I had to replace the one on my truck. It made world of difference.

My truck was WAY underpowered. I would step on the gas and it would accellerate and then after about a second or two it would fall flat on its face and just be sluggish.

I was quoted between $600 and $800 for the piece. I bought an aftermarket Dynomax cat on ebay for $60 andhad it installed. WOrks great. Someone told me not to put an aftermarket on on, they said it would mess witht the computer...but I havent had any problems yet. Just make sure you get the right cat.


----------



## Robhollar

Find a shop who has a back pressure gauge. They can check and see if you have to much back pressure by taking a precat O2 sensor out and installing the gauge. If its clogged it will show on the gauge....Rob


----------



## Buster F

I recently had a clogged converter on one of my trucks. The truck wouldn't rev past 2500, was way underpowered, and the converter would glow red hot at night. Hope this helps, Roy


----------



## Oshkosh

*No Power ,poor mileage....*

Lack of power,Poor mileage,nothing or very little coming out the tail pipe,A Rattle in the exhaust.........I have had my converter replaced by local a shop(Lou's Custom Exhaust) in two vehicles for $150 each Installed, that is with a high flow cat fully welded in....Dont pay $600- No need to anymore...
When I purchased my F150 4x4 it needed a trans, the reason why was the previous owner had driven it with a clogged cat for a while...As it lost power he just gave it more gas and the trans tried to compensate...Turned the torque converter blue and not Ford blue either...Lets just say there was no need for it!!!


----------



## DeereFarmer

Oshkosh: how was your experience at Lou's. I get all my exhaust work done at one of their sister shops in Waltham, MA and they are great. I have been to 4 of them with friends and such before and never had any issues. Always first class work and people. You probably went to the one in Manchster, right? $150 beats what the dealer would charge and it is just as quality work if not better. That si the route I would take mojob if you do have a clogged one.


----------



## Oshkosh

*Nothing but excellent work...*



First Time Out;345533 said:


> Oshkosh: how was your experience at Lou's. I get all my exhaust work done at one of their sister shops in Waltham, MA and they are great. I have been to 4 of them with friends and such before and never had any issues. Always first class work and people. You probably went to the one in Manchster, right? $150 beats what the dealer would charge and it is just as quality work if not better. That si the route I would take mojob if you do have a clogged one.
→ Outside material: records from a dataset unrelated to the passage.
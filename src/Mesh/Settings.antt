-- ===== src/Mesh/Settings.antt =====
-- What administration changes in the settings of the device: meshtastenstein-
-- core/src/domain/handlers/admin/set_owner.rs, set_config.rs and set_channel.rs, up to the call
-- that stores them, and `build_lora_config` of get_config.rs.
pub mod Bounds
use meshtastenstein_rs.Base.{
  ℕ, ◌*◌, ◌%◌, min, Bool, true, false, ◌&&◌, ◌||◌, not, Option, none, some, List, [], ◌∷◌, ◌==◌,
  leb, if◌then◌else◌, unwrap_or, length,
}
use meshtastenstein_rs.NodeDb.{User}
use meshtastenstein_rs.Channels.{ChannelRole, ChannelConfig, set_channel}
use meshtastenstein_rs.Radio.{bw_code_to_hz, bw_hz_to_code, region_from_proto}
use meshtastenstein_rs.Radio.Preset.{preset_from_proto}
use meshtastenstein_rs.Device.{DeviceState}
use meshtastenstein_rs.Message.{max_hop_limit}
use meshtastenstein_rs.Persistence.Settings.{Conversions}
use meshtastenstein_rs.Proto.{LoRaConfig, ChannelSettings, Config, Wire}

-- `clear` and `push_str` on a string of bounded capacity: what does not fit is left out whole
unfoldable pub bounded_text : ℕ → List ℕ → List ℕ
bounded_text capacity text = if leb (length text) capacity then text else []

abbrev pub long_name_capacity : ℕ
long_name_capacity = 40

abbrev pub short_name_capacity : ℕ
short_name_capacity = 5

abbrev pub channel_name_capacity : ℕ
channel_name_capacity = 12

abbrev pub custom_sf_default : ℕ
custom_sf_default = 11

abbrev pub custom_cr_default : ℕ
custom_cr_default = 5

abbrev pub custom_bw_default_hz : ℕ
custom_bw_default_hz = 250000

-- constants.rs
abbrev pub lora_tx_power_dbm : ℕ
lora_tx_power_dbm = 22

unfoldable pub clamp_custom_sf : ℕ → ℕ
clamp_custom_sf spread_factor =
    if leb 5 spread_factor && leb spread_factor 12 then spread_factor else custom_sf_default

unfoldable pub clamp_custom_cr : ℕ → ℕ
clamp_custom_cr coding_rate =
    if leb 4 coding_rate && leb coding_rate 8 then coding_rate else custom_cr_default

unfoldable pub clamp_custom_bw_hz : ℕ → ℕ
clamp_custom_bw_hz bandwidth_code =
    let hz = bw_code_to_hz (bandwidth_code % 65536) in if hz == 0 then custom_bw_default_hz else hz

unfoldable pub is_valid_psk_len : ℕ → Bool
is_valid_psk_len len = len == 0 || len == 1 || len == 16 || len == 32

module _ {P M : Type 0} (w : Wire P M) where
  unfoldable pub apply_owner : User → DeviceState → DeviceState
  apply_owner user d = record d {
    long_name =
        if length user.long_name == 0
        then d.long_name
        else bounded_text long_name_capacity user.long_name;
    short_name =
        if length user.short_name == 0
        then d.short_name
        else bounded_text short_name_capacity user.short_name;
    hw_model =
        if not (user.hw_model == 0) && w.is_hw_model user.hw_model
        then user.hw_model
        else d.hw_model;
  }

  -- the arm `Lora` of `set_config::handle`
  unfoldable pub apply_lora : LoRaConfig → DeviceState → DeviceState
  apply_lora l d = record d {
    region = w.region_code (region_from_proto w.region_of (l.region % 256));
    use_preset = l.use_preset;
    modem_preset = preset_from_proto w.conversions.preset_of (l.modem_preset % 256);
    custom_sf = clamp_custom_sf l.spread_factor;
    custom_bw_hz = clamp_custom_bw_hz l.bandwidth;
    custom_cr = clamp_custom_cr l.coding_rate;
    channel_num = l.channel_num;
    default_hops = min (l.hop_limit % 256) max_hop_limit;
    tx_enabled = l.tx_enabled;
    config_ok_to_mqtt = l.config_ok_to_mqtt;
  }

  -- the arm `Device`
  unfoldable pub apply_role : ℕ → DeviceState → DeviceState
  apply_role code d = elim (w.conversions.role_of code) [
    | none ↦ d
    | some role ↦ record d { role = role }
  ]

  unfoldable pub apply_config : Config → DeviceState → DeviceState
  apply_config (Config.device role) d = apply_role role d
  apply_config (Config.lora l) d = apply_lora l d
  apply_config Config.position d = d
  apply_config Config.power d = d
  apply_config Config.network d = d
  apply_config Config.display d = d
  apply_config Config.bluetooth d = d
  apply_config (Config.security public private) d = d
  apply_config Config.session_key d = d
  apply_config Config.device_ui d = d

  unfoldable pub new_channel : ℕ → ChannelSettings → ℕ → ChannelConfig
  new_channel index settings role = record {
    index = index % 256;
    name = bounded_text channel_name_capacity settings.name;
    psk = settings.psk;
    role = unwrap_or (w.channel_role_of role) ChannelRole.secondary;
  }

  -- `none` where the channel is refused
  unfoldable pub apply_channel : ℕ → Option ChannelSettings → ℕ → DeviceState → Option DeviceState
  apply_channel index none role d = none
  apply_channel index (some settings) role d =
      if not (is_valid_psk_len (length settings.psk))
      then none
      else some (record d {
        channels = set_channel (index % 256) (new_channel index settings role) d.channels;
      })

  unfoldable pub build_lora_config : DeviceState → LoRaConfig
  build_lora_config d = record {
    use_preset = d.use_preset;
    modem_preset = w.conversions.preset_code d.modem_preset;
    region = d.region;
    hop_limit = d.default_hops;
    tx_enabled = d.tx_enabled;
    config_ok_to_mqtt = d.config_ok_to_mqtt;
    spread_factor = d.custom_sf;
    bandwidth = bw_hz_to_code d.custom_bw_hz;
    coding_rate = d.custom_cr;
    channel_num = d.channel_num;
    tx_power = lora_tx_power_dbm;
  }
 I have nothing but praise for Lou's.....First class all the way.
They bend the pipe up for the best clearance, weld all the connections all heavy aluminized or even stainless if you want,very consistent on their pricing...do it while you wait......Most importantly they stand behind their work...
I've had two systems done there and both where great.
Route 1 in Peabody actually was one and North Reading was the other store that I dealt with...
Hard to find guys like that anymore....


----------



## bigskytom

*Quickest way to tell if converter going*

If you bang on the converter and hear it rattle, it is going out. I would suspect you should get a "check engine light" or "service engine soon". You are in the mileage range for replacement. You might have your mechanic check and be sure the injectors are operating properly. I had one fail due to faulty injector, dumping too much gas in the system.


----------



## Northland

Oh yeah... 2 other things...

Check with the dealer. I think gm warranties converters up to 80 or 85k miles...cant remember which. 
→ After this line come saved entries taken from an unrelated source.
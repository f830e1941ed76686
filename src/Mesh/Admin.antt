-- ===== src/Mesh/Admin.antt =====
-- Administration: meshtastenstein-core/src/domain/handlers/admin/mod.rs, with get_owner.rs,
-- get_config.rs, get_channel.rs, get_module_config.rs, misc.rs and node_actions.rs. The settings
-- themselves are changed in Mesh/Settings, and the session key is that of Session.
pub mod Locked
use meshtastenstein_rs.Base.{
  ℕ, ◌-◌, ◌%◌, Bool, true, false, ◌&&◌, not, Option, none, some, List, [], ◌∷◌, ◌++◌, ◌==◌, leb,
  if◌then◌else◌, length, any,
}
use meshtastenstein_rs.NodeDb.{
  User, NodeDb, new_db, get_or_create, modify, mark_dirty, update_pub_key, set_favorite,
  set_ignored, toggle_muted, remove,
}
use meshtastenstein_rs.Channels.{ChannelConfig, get_channel}
use meshtastenstein_rs.Device.{DeviceState, next_from_radio_id, next_packet_id}
use meshtastenstein_rs.Message.{TxBuilder}
use meshtastenstein_rs.Storage.{Flash}
use meshtastenstein_rs.Storage.Blobs.{save_state, erase_config, clear_bond}
use meshtastenstein_rs.Session.{ensure_session_passkey, response_key, is_authorized}
use meshtastenstein_rs.Proto.{
  PortNum, MeshPacket, FromRadio, FromRadioMessage, ChannelSettings, Config, ModuleConfig,
  SharedContact, AdminRequest, AdminResponse, Wire,
}
use meshtastenstein_rs.Mesh.{Moment, MeshCtx, position_capacity}
use meshtastenstein_rs.Mesh.Send.{
  default_data, default_packet, builder, transmit_next, encode_from_radio,
}
use meshtastenstein_rs.Mesh.Settings.{apply_owner, apply_config, apply_channel, build_lora_config}

-- a key of 32 bytes that is not all zero
unfoldable pub shared_pub_key : User → Option (List ℕ)
shared_pub_key user =
    if length user.public_key == 32 && any (λ b. not (b == 0)) user.public_key
    then some user.public_key
    else none

-- `clear` and `extend_from_slice` on `my_position_bytes`
unfoldable pub position_bytes_of : List ℕ → List ℕ
position_bytes_of bytes = if leb (length bytes) position_capacity then bytes else []

-- the channel as the phone is told of it: index, settings and role
unfoldable pub shown_settings : Option ChannelConfig → Option ChannelSettings
shown_settings none = none
shown_settings (some ch) = some (record { psk = ch.psk; name = ch.name })

unfoldable pub module_config_answer : ModuleConfig → Option ModuleConfig
module_config_answer ModuleConfig.traffic_management = none
module_config_answer ModuleConfig.tak = none
module_config_answer ModuleConfig.mesh_beacon = none
module_config_answer other = some other

unfoldable pub live_tx_enabled : Config → Bool → Bool
live_tx_enabled (Config.lora l) before = l.tx_enabled
live_tx_enabled other before = before

module _ {P M : Type 0} where
  -- what `AddContact` does to the database, from the entry that was lent on
  unfoldable pub add_contact_to : SharedContact → User → NodeDb P M → NodeDb P M
  add_contact_to contact user db =
      let entered = modify contact.node_num (λ e. record e { user = some user }) db in
      let keyed : NodeDb P M = elim (shared_pub_key user) [
        | none ↦ entered
        | some key ↦ update_pub_key contact.node_num key entered
      ] in
      let marked = mark_dirty keyed in
      if contact.should_ignore
      then set_favorite contact.node_num false (set_ignored contact.node_num true marked)
      else set_favorite contact.node_num true marked

  unfoldable pub add_contact : SharedContact → NodeDb P M → NodeDb P M
  add_contact contact db = elim contact.user [
    | none ↦ db
    | some user ↦ elim (get_or_create contact.node_num db) [
      | none ↦ db
      | some lent ↦ add_contact_to contact user lent
    ]
  ]

module _ {P M : Type 0} (w : Wire P M) where
  unfoldable pub shown_role : Option ChannelConfig → ℕ
  shown_role none = 0
  shown_role (some ch) = w.conversions.channel_role_code ch.role

  unfoldable pub config_answer : Config → DeviceState → Config
  config_answer (Config.device role) d = Config.device (w.conversions.role_code d.role)
  config_answer (Config.lora l) d = Config.lora (build_lora_config w d)
  config_answer Config.position d = Config.position
  config_answer Config.power d = Config.power
  config_answer Config.network d = Config.network
  config_answer Config.display d = Config.display
  config_answer Config.bluetooth d = Config.bluetooth
  config_answer (Config.security public private) d = Config.security [] []
  config_answer Config.session_key d = Config.session_key
  config_answer Config.device_ui d = Config.device_ui

module _ {P M : Type 0} (w : Wire P M) (requester req_pkt_id : ℕ) where
  unfoldable pub admin_builder : List ℕ → TxBuilder
  admin_builder bytes = record (builder w) {
    dest = requester;
    portnum = w.port_code PortNum.admin_app;
    inner_payload = bytes;
    request_id = req_pkt_id;
  }

  unfoldable pub admin_packet : ℕ → ℕ → List ℕ → MeshPacket
  admin_packet our packet_id bytes = record default_packet {
    from = our;
    to = requester;
    id = packet_id;
    decoded = some (record default_data {
      portnum = w.port_code PortNum.admin_app;
      inner_payload = bytes;
      request_id = req_pkt_id;
    });
  }

module _ {P M F : Type 0} where
  -- a change of the database
  abbrev pub on_node_db : (NodeDb P M → NodeDb P M) → MeshCtx P M F → MeshCtx P M F
  on_node_db f ctx = record ctx { node_db = f ctx.node_db }

  -- `tx_to_ble.send`, which waits until the queue has a place
  unfoldable pub await_send : FromRadioMessage → MeshCtx P M F → MeshCtx P M F
  await_send msg ctx = record ctx {
    to_phone = ctx.to_phone ++ (msg ∷ []);
    ble_free = ctx.ble_free - 1;
  }

module _ {P M F : Type 0} (w : Wire P M) (nor : Flash F) where
  -- the new settings, in memory and in flash; an error of the flash is only logged
  unfoldable pub save_device : DeviceState → MeshCtx P M F → MeshCtx P M F
  save_device device ctx = record ctx {
    device = device;
    storage = (save_state nor w.conversions device ctx.storage).0;
  }

  unfoldable pub set_config : Option Config → MeshCtx P M F → MeshCtx P M F
  set_config none ctx = ctx
  set_config (some cfg) ctx = record (save_device (apply_config w cfg ctx.device) ctx) {
    tx_enabled = live_tx_enabled cfg ctx.tx_enabled;
  }

  unfoldable pub admin_set_channel : ℕ → Option ChannelSettings → ℕ → MeshCtx P M F → MeshCtx P M F
  admin_set_channel index settings role ctx =
      elim (apply_channel w index settings role ctx.device) [
        | none ↦ ctx
        | some device ↦ save_device device ctx
      ]

  unfoldable pub factory_reset : MeshCtx P M F → MeshCtx P M F
  factory_reset ctx = record ctx {
    storage = clear_bond nor (erase_config nor ctx.storage);
    reboot_after_secs = some 2;
  }

module _ {P M F : Type 0} (w : Wire P M) (t : Moment) (requester req_pkt_id : ℕ)
    (via_lora : Bool) where
  unfoldable pub answer_phone : List ℕ → MeshCtx P M F → MeshCtx P M F
  answer_phone bytes ctx =
      let (device, packet_id) = next_packet_id ctx.device in
      let (next, id) = next_from_radio_id ctx.from_radio_id in
      let variant =
        FromRadio.packet (admin_packet w requester req_pkt_id device.my_node_num packet_id bytes) in
      await_send (record { bytes = encode_from_radio w id variant; id = id })
        (record ctx { device = device; from_radio_id = next })

  unfoldable pub send_admin_response : AdminResponse → MeshCtx P M F → MeshCtx P M F
  send_admin_response answer ctx =
      let session = ensure_session_passkey t.now t.random_low t.random_high ctx.session_passkey in
      let bytes = w.encode_admin (response_key session) answer in
      let issued = record ctx { session_passkey = session } in
      if via_lora
      then transmit_next w (admin_builder w requester req_pkt_id bytes) issued
      else answer_phone bytes issued

  unfoldable pub get_owner : MeshCtx P M F → MeshCtx P M F
  get_owner ctx =
      send_admin_response
        (AdminResponse.owner (record {
          id = ctx.node_id_str;
          long_name = ctx.device.long_name;
          short_name = ctx.device.short_name;
          hw_model = ctx.device.hw_model;
          role = 0;
          public_key = [];
        }))
        ctx

  unfoldable pub get_config : Option Config → MeshCtx P M F → MeshCtx P M F
  get_config none ctx = ctx
  get_config (some kind) ctx =
      send_admin_response (AdminResponse.config (config_answer w kind ctx.device)) ctx

  unfoldable pub get_module_config : Option ModuleConfig → MeshCtx P M F → MeshCtx P M F
  get_module_config none ctx = ctx
  get_module_config (some kind) ctx = elim (module_config_answer kind) [
    | none ↦ ctx
    | some answer ↦ send_admin_response (AdminResponse.module_config answer) ctx
  ]

  unfoldable pub admin_get_channel : ℕ → MeshCtx P M F → MeshCtx P M F
  admin_get_channel idx_plus_1 ctx =
      let idx = (idx_plus_1 - 1) % 256 in
      let ch = get_channel idx ctx.device.channels in
      send_admin_response (AdminResponse.channel idx (shown_settings ch) (shown_role w ch)) ctx

module _ {P M F : Type 0} (w : Wire P M) (nor : Flash F) (t : Moment) where
  -- the arms of the `match` on the payload
  unfoldable pub handle_request : ℕ → ℕ → Bool → AdminRequest P → MeshCtx P M F → MeshCtx P M F
  handle_request requester id lora AdminRequest.get_owner_request ctx =
      get_owner w t requester id lora ctx
  handle_request requester id lora (AdminRequest.get_config_request kind) ctx =
      get_config w t requester id lora (w.config_type_of kind) ctx
  handle_request requester id lora (AdminRequest.get_channel_request idx_plus_1) ctx =
      admin_get_channel w t requester id lora idx_plus_1 ctx
  handle_request requester id lora (AdminRequest.get_module_config_request kind) ctx =
      get_module_config w t requester id lora (w.module_config_type_of kind) ctx
  handle_request requester id lora (AdminRequest.set_owner user) ctx =
      save_device w nor (apply_owner w user ctx.device) ctx
  handle_request requester id lora (AdminRequest.set_config cfg) ctx = set_config w nor cfg ctx
  handle_request requester id lora AdminRequest.set_module_config ctx = ctx
  handle_request requester id lora (AdminRequest.set_channel index settings role) ctx =
      admin_set_channel w nor index settings role ctx
  handle_request requester id lora (AdminRequest.set_favorite_node n) ctx =
      on_node_db (set_favorite n true) ctx
  handle_request requester id lora (AdminRequest.remove_favorite_node n) ctx =
      on_node_db (set_favorite n false) ctx
  handle_request requester id lora (AdminRequest.set_ignored_node n) ctx =
      on_node_db (set_ignored n true) ctx
  handle_request requester id lora (AdminRequest.remove_ignored_node n) ctx =
      on_node_db (set_ignored n false) ctx
  handle_request requester id lora (AdminRequest.toggle_muted_node n) ctx =
      on_node_db (toggle_muted n) ctx
  handle_request requester id lora (AdminRequest.add_contact contact) ctx =
      on_node_db (add_contact contact) ctx
  handle_request requester id lora (AdminRequest.set_fixed_position place) ctx = record ctx {
    my_position_bytes = position_bytes_of (w.encode_position place);
  }
  handle_request requester id lora AdminRequest.remove_fixed_position ctx = record ctx {
    my_position_bytes = [];
  }
  handle_request requester id lora AdminRequest.begin_edit_settings ctx =
      send_admin_response w t requester id lora AdminResponse.begin_edit_settings ctx
  handle_request requester id lora AdminRequest.commit_edit_settings ctx =
      send_admin_response w t requester id lora AdminResponse.commit_edit_settings ctx
  handle_request requester id lora (AdminRequest.reboot_seconds secs) ctx = record ctx {
    reboot_after_secs = some secs;
  }
  handle_request requester id lora AdminRequest.factory_reset_config ctx = factory_reset w nor ctx
  handle_request requester id lora AdminRequest.nodedb_reset ctx =
      on_node_db (λ db. new_db ctx.device.my_node_num) ctx
  handle_request requester id lora (AdminRequest.shutdown_seconds secs) ctx = record ctx {
    shutdown_after_secs = some secs;
  }
  handle_request requester id lora (AdminRequest.remove_by_nodenum n) ctx =
      on_node_db (λ db. (remove n db).0) ctx
  handle_request requester id lora AdminRequest.unhandled ctx = ctx

  -- `admin::dispatch`
  unfoldable pub admin_dispatch : ℕ → ℕ → List ℕ → Bool → MeshCtx P M F → MeshCtx P M F
  admin_dispatch requester req_pkt_id admin_bytes via_lora ctx = elim (w.decode_admin admin_bytes) [
    | none ↦ ctx
    | some msg ↦
        if is_authorized t.now via_lora msg.session_passkey ctx.session_passkey
        then handle_request requester req_pkt_id via_lora msg.payload_variant ctx
        else ctx
  ]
Also tell whoever repairs it to give you back your old converter. There are many places that will buy them from you to get the platinum out of them. If you tell the muffler shop this they may knock 25-50 bucks off the price just to keep the old converter.


----------



## GA73

buddy is getting a po420 code. dealer said tthat it means the cat is bad


----------



## mojob

Thanks for all the replies. I might be in luck. I took it to the dealer for a bad fuel pressure regulator. It was causing a rich mixture, which Bigskytom said might clog the cats. Getting this done under warranty would be too cool. I wouldn't of even thought of this if it weren't for you guys. Thanks!


----------



## jpboost

*Signs of clogged cats?*

Well here are some signs when your cats become clogged 'coz I have the same experience with my Volvo catalytic converter. Well here it goes--A good sign of a bad catalytic converter will be a sudden decrease in performance and a noticeable decrease in fuel economy. A clogged catalytic converter traps exhaust gas in front of the catalyst, which then creates back-pressure that prevents your engine from breathing properly. Your engine may also suddenly quit after a few minutes of driving with an increased back-pressure. It makes the engine feel like it is starving for fuel. Another sure sign that your catalytic converter is bad is when you can hear rattling noises emitting from the catalyst. Sometimes you may actually hear a whistling sound when the throttle is applied indicating a restricted exhaust flow or catalytic converter problem. This rattling may also be noticed more when the car is not doing anything while the engine is running.


----------



## davidrbean

Northland;345795 said:


> Oh yeah... 2 other things...
> 
> Check with the dealer. I think gm warranties converters up to 80 or 85k miles...cant remember which.
> 
> federal emissions requires computers and convertors to be warrented for 8yr/80k miles so you are out of warrenty. chech with walker they have converters to fit the truck


----------



## davidrbean

p0420 code goes with the cat on the drivers side if you have that code most likely the cat has failed


----------



## oakvillerex

On GM's P0420 is a catalyst efficiency low code which is usually a bad cat. On newer vehicles (GM especially) the replacement converter has to be within a 5% efficiency difference to an OEM cat or you will get P0420 again.


----------



## icebladez

Also remember that a bad Cat converter usually is accompanied by a rotten egg smell,from tail pipe.


----------



## QuadPlower

I'd tell them you wanted the cat back, but most places charge a core charge for them just so they can then turn them in.

Check aftermarket. There are a lot of HIGH Flow converters that will really bring that 454 to life. If there are two, then you would have to replace both of them.


----------